EntropySampler¶
Active learning classifier based on entropy measures.
The entropy sampler selects samples for labeling based on the entropy of the prediction. The higher the entropy, the more likely the sample will be selected for labeling. The entropy measure is normalized to [0, 1] and then raised to the power of the discount factor.
Parameters¶
-
classifier
Type → base.Classifier
The classifier to wrap.
-
discount_factor
Type → float
Default →
3
The discount factor to apply to the entropy measure. A value of 1 won't affect the entropy. The higher the discount factor, the more the entropy will be discounted, and the less likely samples will be selected for labeling. A value of 0 will select all samples for labeling.
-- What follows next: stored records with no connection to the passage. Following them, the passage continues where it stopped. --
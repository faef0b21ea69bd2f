-- ===== src/Failover/Ending.antt =====
-- The target loop ends: if each wait for admission does, it comes to an outcome.
use shepard.Base.{
  ℕ, zero, suc, ◌+◌, ◌≡◌, String, Bool, true, false, Option, none, some, List, [], ◌∷◌, Map, lookup,
  ℤ, pos, ltb_ℤ, is_pos, ◌&&◌, arith, Option-cases, inl, inr, if◌then◌else◌,
}
use shepard.Config.Types.{
  ProviderConfig, TargetConfig, ModelConfig, resolved_targets, provider_or_zero,
}
use shepard.Queue.{Admission}
use shepard.Queue.Returns.{HasEnd, wait-returns}
use shepard.Limiter.{AdmissionScope}
use shepard.Admission.{Shared, try_admit, admit_with_queue}
use shepard.Payload.{Payload}
use shepard.Failover.Retry.{
  Reply, failed, responded, Attempt, Sent, Progress, Flow, again, next_target, stopped, waiting,
  selected, after_error, after_response, after_reply, after_wait, after_admission, try_once,
  attempts, resume, wait_for_retry, send, should_retry_same, should_failover, provider_scope,
}
use shepard.Failover.Targets.{
  Outcome, still_waiting, advance, target_body, try_target, try_targets, run_targets, has_more,
  sent_for, attempt_count, start,
}

-- The context of every wait ends in one of its rounds.
abbrev pub HasEnds : (ℕ → ℕ → Attempt) → Type 0
HasEnds env = (i j : ℕ) → HasEnd (env i j).rounds

abbrev pub IsOver : Outcome → Type 0
IsOver (still_waiting p) = ⊥
IsOver o = Unit {0}

abbrev GoesOn : Flow → Type 0
GoesOn (waiting p) = ⊥
GoesOn f = Unit {0}

pub admit_with_queue-returns :
    (scopes : List AdmissionScope) (env : Attempt) (w : Shared)
    → HasEnd env.rounds
    → (a : Admission (List AdmissionScope)) × ((admit_with_queue scopes env.rounds w).0 ≡ some a)
unfolding admit_with_queue
admit_with_queue-returns scopes env w h = wait-returns (try_admit scopes) env.rounds w.0 w.1 h

if-GoesOn : (b : Bool) (f g : Flow) → GoesOn f → GoesOn g → GoesOn (if b then f else g)
if-GoesOn true f g h k = h
if-GoesOn false f g h k = k

wait_for_retry-GoesOn : (env : Attempt) (p : Progress) → GoesOn (wait_for_retry env p)
unfolding wait_for_retry
wait_for_retry-GoesOn env p = if-GoesOn env.backoff_ended _ _ tt tt

module _ (retries : ℤ) (has_another : Bool) (provider : ProviderConfig) where
  after_reply-GoesOn :
      (env : Attempt) (sent : Sent) (held : List AdmissionScope) (p : Progress) (reply : Reply)
      → GoesOn (after_reply retries has_another provider env sent held p reply)
  unfolding after_reply after_error after_response
  after_reply-GoesOn env sent held p (failed error) = if-GoesOn env.ctx_ended _ _ tt (
      if-GoesOn (is_pos provider.request_timeout && env.timed_out) _ _ tt
        (if-GoesOn (ltb_ℤ (pos sent.attempt) retries) _ _ (wait_for_retry-GoesOn env _) tt))
  after_reply-GoesOn env sent held p (responded response) =
      if-GoesOn (should_retry_same retries sent.attempt response.status) _ _
        (wait_for_retry-GoesOn env _)
        (if-GoesOn (should_failover retries sent.attempt has_another response.status) _ _ tt tt)

  after_wait-GoesOn :
      (env : Attempt) (sent : Sent) (p : Progress) (r : Option (List AdmissionScope))
      → GoesOn (after_wait retries has_another provider env sent p r)
  unfolding after_wait
  after_wait-GoesOn env sent p none = tt
  after_wait-GoesOn env sent p (some held) =
      after_reply-GoesOn env sent held (send env sent p) env.reply

  after_admission-GoesOn :
      (env : Attempt) (sent : Sent) (p : Progress)
      (result : Option (Admission (List AdmissionScope)) × Shared)
      (a : Admission (List AdmissionScope))
      → result.0 ≡ some a
      → GoesOn (after_admission retries has_another provider env sent p result)
  unfolding after_admission
  after_admission-GoesOn env sent p (none, w) a e = absurd (ground (arith, e))
  after_admission-GoesOn env sent p (some b, w) a e = after_wait-GoesOn env sent _ b.release

  try_once-GoesOn :
      (env : Attempt) (sent : Sent) (p : Progress)
      → HasEnd env.rounds
      → GoesOn (try_once retries has_another provider env sent p)
  unfolding try_once
  try_once-GoesOn env sent p h =
      let (a, e) =
        admit_with_queue-returns (provider_scope provider sent.provider ∷ []) env p.shared h in
      after_admission-GoesOn env sent p _ a e

  resume-GoesOn :
      (next : Progress → Flow) (f : Flow)
      → ((p : Progress) → GoesOn (next p))
      → GoesOn f
      → GoesOn (resume next f)
  resume-GoesOn next (again p) h g = h p
  resume-GoesOn next (next_target p) h g = tt
  resume-GoesOn next (stopped p) h g = tt
  resume-GoesOn next (waiting p) h g = g
  resume-GoesOn next (selected p sent response held) h g = tt

  attempts-GoesOn :
      (env : ℕ → Attempt) (sent_at : ℕ → Reply → Sent) (left attempt : ℕ) (p : Progress)
      → ((j : ℕ) → HasEnd (env j).rounds)
      → GoesOn (attempts retries has_another provider env sent_at left attempt p)
  unfolding attempts
  attempts-GoesOn env sent_at zero attempt p h = tt
  attempts-GoesOn env sent_at (suc left) attempt p h =
      resume-GoesOn _ _ (λ q. attempts-GoesOn env sent_at left (attempt + 1) q h)
        (try_once-GoesOn (env attempt) (sent_at attempt (env attempt).reply) p (h attempt))

advance-IsOver :
    (next : Progress → Outcome) (f : Flow)
    → ((p : Progress) → IsOver (next p))
    → GoesOn f
    → IsOver (advance next f)
advance-IsOver next (again p) h g = h p
advance-IsOver next (next_target p) h g = h p
advance-IsOver next (stopped p) h g = tt
advance-IsOver next (waiting p) h g = g
advance-IsOver next (selected p sent response held) h g = tt

module _ (marshal : Payload → Option String) (providers : Map ProviderConfig) (payload : Payload)
    (endpoint : String) (retries : ℤ) (env : ℕ → ℕ → Attempt) (h : HasEnds env) where
  try_targets-IsOver :
      (index : ℕ) (targets : List TargetConfig) (p : Progress)
      → IsOver (try_targets marshal providers payload endpoint retries env index targets p)
  unfolding try_targets try_target
  try_targets-IsOver index [] p = tt
  try_targets-IsOver index (t ∷ targets) p =
      elim (Option-cases (target_body marshal providers payload endpoint t)) [
        | inl bad ↦ rw (bad, try_targets) tt
        | inr (body, good) ↦
            rw (good, try_targets)
              (advance-IsOver _ _ (λ q. try_targets-IsOver (index + 1) targets q)
                (attempts-GoesOn retries (has_more targets)
                  (provider_or_zero (lookup t.provider providers)) (env index)
                  (sent_for index t body) (attempt_count retries) 0 p (h index)))
      ]

-- The loop comes to an outcome if the context of each of its waits ends.
pub run_targets-IsOver :
    (marshal : Payload → Option String) (providers : Map ProviderConfig) (payload : Payload)
    (endpoint : String) (model : ModelConfig) (env : ℕ → ℕ → Attempt) (w : Shared)
    → HasEnds env
    → IsOver (run_targets marshal providers payload endpoint model env w)
unfolding run_targets
run_targets-IsOver marshal providers payload endpoint model env w h =
    try_targets-IsOver marshal providers payload endpoint model.retries env h 0
      (resolved_targets model) (start w)
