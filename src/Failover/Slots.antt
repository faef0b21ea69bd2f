-- ===== src/Failover/Slots.antt =====
-- Provider slots over the target loop: every attempt gives back what it took, but for the one whose
-- response is relayed.
use shepard.Base.{
  ℕ, ◌+◌, ◌≡◌, refl, String, Bool, Option, none, some, List, [], ◌∷◌, Map, lookup, All, arith, ℤ,
  ◌∙◌,
}
use shepard.Config.Types.{provider_or_zero, ProviderConfig, ModelConfig, resolved_targets}
use shepard.Queue.{Admission}
use shepard.Limiter.{AdmissionScope, release}
use shepard.Limiter.Holds.{demand, in_use-release}
use shepard.Admission.{Shared}
use shepard.Admission.Balance.{in_use_of, taken, taken_by, IsNeutral, in_use-admit_with_queue}
use shepard.Payload.{Payload}
use shepard.Failover.Retry.{
  Response, Reply, failed, responded, Attempt, Sent, Progress, Flow, wait_for_retry, after_reply,
  after_admission, try_once, after_wait, provider_scope, send,
}
use shepard.Failover.Rules.{FlowSat, OutcomeSat, try_target-FlowSat, try_targets-OutcomeSat}
use shepard.Failover.Targets.{run_targets, sent_for, has_more, start}

module _ (key : String) where
  -- The other goroutines net to nothing at the key during an attempt.
  pub record IsQuiet (env : Attempt) : Type 0 where
    pub waits : All (λ round. IsNeutral key round.others) env.rounds
    pub requests : IsNeutral key env.during_request
    pub backs_off : IsNeutral key env.during_backoff

  -- The units in use are those of `base`, and what a selected response holds.
  abbrev pub Uses : ℕ → Progress → Type 0
  Uses base p = in_use_of key p.shared ≡ base

  abbrev pub Keeps : ℕ → Progress → Sent → Response → List AdmissionScope → Type 0
  Keeps base p sent response held = in_use_of key p.shared ≡ base + demand key held

  abbrev FlowHolds : ℕ → Flow → Type 0
  FlowHolds base = FlowSat (Uses base) (Uses base) (Uses base) (Keeps base)

  wait_for_retry-FlowHolds :
      (base : ℕ) (env : Attempt) (p : Progress)
      → IsQuiet env
      → in_use_of key p.shared ≡ base
      → FlowHolds base (wait_for_retry env p)
  unfolding wait_for_retry
  wait_for_retry-FlowHolds base env p quiet e = ground (arith, quiet.backs_off p.shared)

  module _ (retries : ℤ) (has_another : Bool) (provider : ProviderConfig) where
    after_reply-FlowHolds :
        (base : ℕ) (env : Attempt) (sent : Sent) (held : List AdmissionScope) (p : Progress)
        (reply : Reply)
        → IsQuiet env
        → in_use_of key p.shared ≡ base + demand key held
        → FlowHolds base (after_reply retries has_another provider env sent held p reply)
    unfolding after_reply
    after_reply-FlowHolds base env sent held p (failed error) quiet e = ground (
      arith,
      in_use-release key held p.shared.1.1,
      quiet.backs_off (p.shared.0, (p.shared.1.0, release held p.shared.1.1)),
    )
    after_reply-FlowHolds base env sent held p (responded response) quiet e = ground (
      arith,
      in_use-release key held p.shared.1.1,
      quiet.backs_off (p.shared.0, (p.shared.1.0, release held p.shared.1.1)),
    )

    after_wait-FlowHolds :
        (base : ℕ) (env : Attempt) (sent : Sent) (p : Progress) (r : Option (List AdmissionScope))
        → IsQuiet env
        → in_use_of key p.shared ≡ base + taken key r
        → FlowHolds base (after_wait retries has_another provider env sent p r)
    unfolding after_wait
    after_wait-FlowHolds base env sent p none quiet e = omega arith
    after_wait-FlowHolds base env sent p (some held) quiet e =
        after_reply-FlowHolds base env sent held (send env sent p) env.reply quiet
          (quiet.requests p.shared ∙ e)

    after_admission-FlowHolds :
        (base : ℕ) (env : Attempt) (sent : Sent) (p : Progress)
        (r : Option (Admission (List AdmissionScope)) × Shared)
        → IsQuiet env
        → in_use_of key r.1 ≡ base + taken_by key r.0
        → FlowHolds base (after_admission retries has_another provider env sent p r)
    unfolding after_admission
    after_admission-FlowHolds base env sent p (none, w) quiet e = omega arith
    after_admission-FlowHolds base env sent p (some a, w) quiet e =
        after_wait-FlowHolds base env sent _ a.release quiet e

    try_once-FlowHolds :
        (base : ℕ) (env : Attempt) (sent : Sent) (p : Progress)
        → IsQuiet env
        → in_use_of key p.shared ≡ base
        → FlowHolds base (try_once retries has_another provider env sent p)
    unfolding try_once
    try_once-FlowHolds base env sent p quiet e = after_admission-FlowHolds base env sent p _ quiet (
        omega (
          arith,
          in_use-admit_with_queue key (provider_scope provider sent.provider ∷ []) env.rounds
              p.shared quiet.waits,
        ))

  -- If the other goroutines leave the slots of a key as they found them, then however the target
  -- loop ends, the slots in use are those before it, and if a response is relayed, also those that
  -- the relayed request holds. This covers errors, retries, failover and a loop that is cut short
  -- by its context.
  pub run_targets-in_use :
      (marshal : Payload → Option String) (providers : Map ProviderConfig) (payload : Payload)
      (endpoint : String) (model : ModelConfig) (env : ℕ → ℕ → Attempt) (w : Shared)
      → ((i j : ℕ) → IsQuiet (env i j))
      → OutcomeSat
          (Uses (in_use_of key w))
          (Keeps (in_use_of key w))
          (run_targets marshal providers payload endpoint model env w)
  unfolding run_targets
  run_targets-in_use marshal providers payload endpoint model env w quiet =
      try_targets-OutcomeSat (Uses base) (Keeps base) marshal providers payload endpoint
        model.retries env (λ i ts. Uses base)
        (λ i t ts body p h _.
          try_target-FlowSat (Uses base) (Uses base) (Keeps base) providers model.retries env i t
            (has_more ts) body (λ j. Uses base)
            (λ j q _ k.
              try_once-FlowHolds model.retries (has_more ts)
                (provider_or_zero (lookup t.provider providers)) base (env i j)
                (sent_for i t body j (env i j).reply) q (quiet i j) k)
            (λ j q k. k) p h)
        (λ i ts p h. h) 0 (resolved_targets model) (start w) refl
    where
      base : ℕ
      base = in_use_of key w
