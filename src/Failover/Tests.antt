-- ===== src/Failover/Tests.antt =====
-- Runs of the target loop, and its theorems at small inputs.
use shepard.Base.{
  ℕ, zero, suc, ◌*◌, ◌≡◌, refl, String, true, false, Option, some, List, [], ◌∷◌, Map, lookup,
  insert, erase, pos, length,
}
use shepard.Config.Types.{zero_provider, Limits, ProviderConfig, ModelConfig, resolved_targets}
use shepard.Queue.{wait, enter}
use shepard.Limiter.{admit, release}
use shepard.Admission.{Shared, admit_with_queue}
use shepard.Admission.Balance.{in_use_of}
use shepard.Payload.{Payload}
use shepard.Failover.Retry.{Reply, responded, Attempt, Sent}
use shepard.Failover.Targets.{Outcome, answered, run_targets, attempt_count}
use shepard.Failover.Rules.{OutcomeSat}
use shepard.Failover.Slots.{IsQuiet, Uses, Keeps, run_targets-in_use}
use shepard.Failover.Counters.{IsCounted, run_targets-IsCounted}
use shepard.Failover.Order.{IsOrdered, Ordered, IsRelayed, run_targets-Ordered}

abbrev limits : ℕ → Limits
limits slots = record { requests_per_minute = pos 0; burst = pos 0; max_concurrent = pos slots }

abbrev providers : Map ProviderConfig
providers =
    ("near", record zero_provider { limits = limits 1 })
    ∷ ("far", record zero_provider { limits = limits 2 })
    ∷ []

abbrev model : ModelConfig
model = record {
  provider = "";
  model = "";
  targets =
      record { provider = "near"; model = "m" } ∷ record { provider = "far"; model = "n" } ∷ [];
  retries = pos 1;
  limits = limits 0;
  overrides = [];
  prepend_system_prompt = "";
  append_system_prompt = "";
}

abbrev attempt : Reply → Attempt
attempt reply = record {
  rounds = [];
  during_request = λ w. w;
  reply = reply;
  ctx_ended = false;
  timed_out = false;
  during_backoff = λ w. w;
  backoff_ended = true;
}

abbrev answer : ℕ → Reply
answer status = responded (record { status = status; header = []; body = "" })

-- The near target is overloaded, and the far one answers.
abbrev overloaded : ℕ → ℕ → Attempt
overloaded zero j = attempt (answer 503)
overloaded (suc i) j = attempt (answer 200)

abbrev fresh : Shared
fresh = (record { waiting = 0; max = pos 0 }, (0, record { buckets = []; concurrent = [] }))

abbrev encode : Payload → Option String
encode p = some "{}"

abbrev positions : List Sent → List (ℕ × ℕ)
positions [] = []
positions (s ∷ log) = (s.target, s.attempt) ∷ positions log

abbrev log_of : Outcome → List (ℕ × ℕ)
log_of (answered p s r held) = positions p.sent
log_of _ = []

-- Two attempts at the first target, then one at the second.
overloaded_log :
    log_of (run_targets encode providers [] "/v1/chat/completions" model overloaded fresh)
    ≡ (0, 0) ∷ (0, 1) ∷ (1, 0) ∷ []
unfolding run_targets admit_with_queue wait enter admit release lookup insert erase resolved_targets
overloaded_log = refl

idle_attempt : (reply : Reply) (key : String) → IsQuiet key (attempt reply)
idle_attempt reply key = record { waits = tt; requests = λ w. refl; backs_off = λ w. refl }

overloaded-IsQuiet : (key : String) (i j : ℕ) → IsQuiet key (overloaded i j)
overloaded-IsQuiet key zero j = idle_attempt (answer 503) key
overloaded-IsQuiet key (suc i) j = idle_attempt (answer 200) key

run_targets-Ordered_example :
    OutcomeSat IsOrdered
      (λ q s response held.
        Ordered (some s) q.sent
        × IsRelayed (length (resolved_targets model)) model.retries s response)
      (run_targets encode providers [] "/v1/chat/completions" model overloaded fresh)
run_targets-Ordered_example =
    run_targets-Ordered encode providers [] "/v1/chat/completions" model overloaded fresh

run_targets-in_use_example :
    OutcomeSat
      (Uses "provider:near" (in_use_of "provider:near" fresh))
      (Keeps "provider:near" (in_use_of "provider:near" fresh))
      (run_targets encode providers [] "/v1/chat/completions" model overloaded fresh)
run_targets-in_use_example =
    run_targets-in_use "provider:near" encode providers [] "/v1/chat/completions" model overloaded
      fresh (overloaded-IsQuiet "provider:near")

run_targets-IsCounted_example :
    OutcomeSat
      (IsCounted (length (resolved_targets model) * attempt_count model.retries))
      (λ q _ _ _. IsCounted (length (resolved_targets model) * attempt_count model.retries) q)
      (run_targets encode providers [] "/v1/chat/completions" model overloaded fresh)
run_targets-IsCounted_example =
    run_targets-IsCounted encode providers [] "/v1/chat/completions" model overloaded fresh
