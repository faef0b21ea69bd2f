-- ===== src/Readiness.antt =====
-- internal/gateway/readiness.go: the cached probe of the providers. The sections that hold the
-- cache's lock are each one atomic step; the probe itself runs between two of them.
pub mod Freshness
pub mod Handling
pub mod Honesty
pub mod Probes
pub mod Results
mod Tests
use Prim.Native.Nat.{◌%◌}
use shepard.Base.{
  ℕ, ◌+◌, ◌*◌, ◌==◌, nat_eq, ltb, if◌then◌else◌, String, Bool, true, false, ◌||◌, Option, none,
  some, List, [], ◌∷◌, Map, insert, ℤ, pos_part, neg_part, ◌-◌,
}

pub record ReadinessResult : Type 0 where
  pub status : Map String
  pub ready : Bool

-- `expires` is `none` for the zero time, and `inflight` says whether there is a channel.
pub record ReadinessCache : Type 0 where
  pub result : ReadinessResult
  pub expires : Option ℕ
  pub inflight : Bool
  pub generation : ℕ

abbrev pub no_result : ReadinessResult
no_result = record { status = []; ready = false }

unfoldable pub new_readiness_cache : ReadinessCache
new_readiness_cache = record {
  result = no_result;
  expires = none;
  inflight = false;
  generation = 0;
}

-- `generation` is a uint64.
abbrev pub uint64_size : ℕ
uint64_size = 18_446_744_073_709_551_616

unfoldable pub clear : ReadinessCache → ReadinessCache
clear c = record c {
  result = no_result;
  expires = none;
  generation = (c.generation + 1) % uint64_size;
}

abbrev clone_status : Map String → Map String
clone_status [] = []
clone_status ((name, value) ∷ status) = insert name value (clone_status status)

unfoldable pub clone_readiness_result : ReadinessResult → ReadinessResult
clone_readiness_result r = record r { status = clone_status r.status }

-- What a turn of the loop in `cachedReadiness` comes to under the lock: a cached result, a wait for
-- the probe in flight, or a new probe with the generation that it captures.
pub data Turn : Type 0 where
  cached : ReadinessResult → Turn
  waits : Turn
  probes : ℕ → Turn

abbrev pub is_fresh : ℕ → Option ℕ → Bool
is_fresh now none = false
is_fresh now (some expires) = ltb now expires

unfoldable pub take_turn : ℕ → ReadinessCache → Turn × ReadinessCache
unfolding clone_readiness_result
take_turn now c =
    if is_fresh now c.expires
    then (cached (clone_readiness_result c.result), c)
    else if c.inflight
    then (waits, c)
    else (probes c.generation, record c { inflight = true })

-- After the probe. The time to live was validated not to be negative.
unfoldable pub finish_probe : ℕ → ℕ → ℕ → ReadinessResult → ReadinessCache → ReadinessCache
unfolding clone_readiness_result
finish_probe now ttl generation result c =
    if generation == c.generation
    then record c {
      result = clone_readiness_result result;
      expires = some (now + ttl);
      inflight = false;
    }
    else record c { inflight = false }

abbrev pub status_text : Bool → String
status_text true = "ok"
status_text false = "unavailable"

-- The loop of `checkReadiness` over the results, in the order in which they arrive.
unfoldable pub collect : Map Bool → ReadinessResult → ReadinessResult
collect [] r = r
collect ((name, ok) ∷ items) r =
    collect items (record { status = insert name (status_text ok) r.status; ready = ok || r.ready })

unfoldable pub check_readiness : Map Bool → ReadinessResult
unfolding collect
check_readiness items = collect items no_result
The discount factor is thus a way to control how many samples are selected for labeling.
-
seed
Default →
None
Random number generator seed for reproducibility.
Examples¶
from river import active
from river import datasets
from river import feature_extraction
from river import linear_model
from river import metrics
dataset = datasets.SMSSpam()
metric = metrics.Accuracy()
model = (
feature_extraction.TFIDF(on='body') |
linear_model.LogisticRegression()
)
model = active.EntropySampler(model, seed=42)
n_samples_used = 0
for x, y in dataset:
y_pred, ask = model.predict_one(x)
metric = metric.update(y, y_pred)
if ask:
n_samples_used += 1
model = model.learn_one(x, y)
metric
Accuracy: 86.60%
dataset.n_samples, n_samples_used
(5574, 1921)
print(f"{n_samples_used / dataset.n_samples:.2%}")
34.46%
Methods¶
learn_one
Update the model with a set of features x
and a label y
.
Parameters
- x
- y
- kwargs
Returns
self
predict_one
Predict the label of x
and indicate whether a label is needed.
Parameters
- x
- kwargs
Returns
The predicted label.
predict_proba_one
Predict the probability of each label for x
and indicate whether a label is needed.
Parameters
- x
- kwargs
Returns
A dictionary that associates a probability which each label.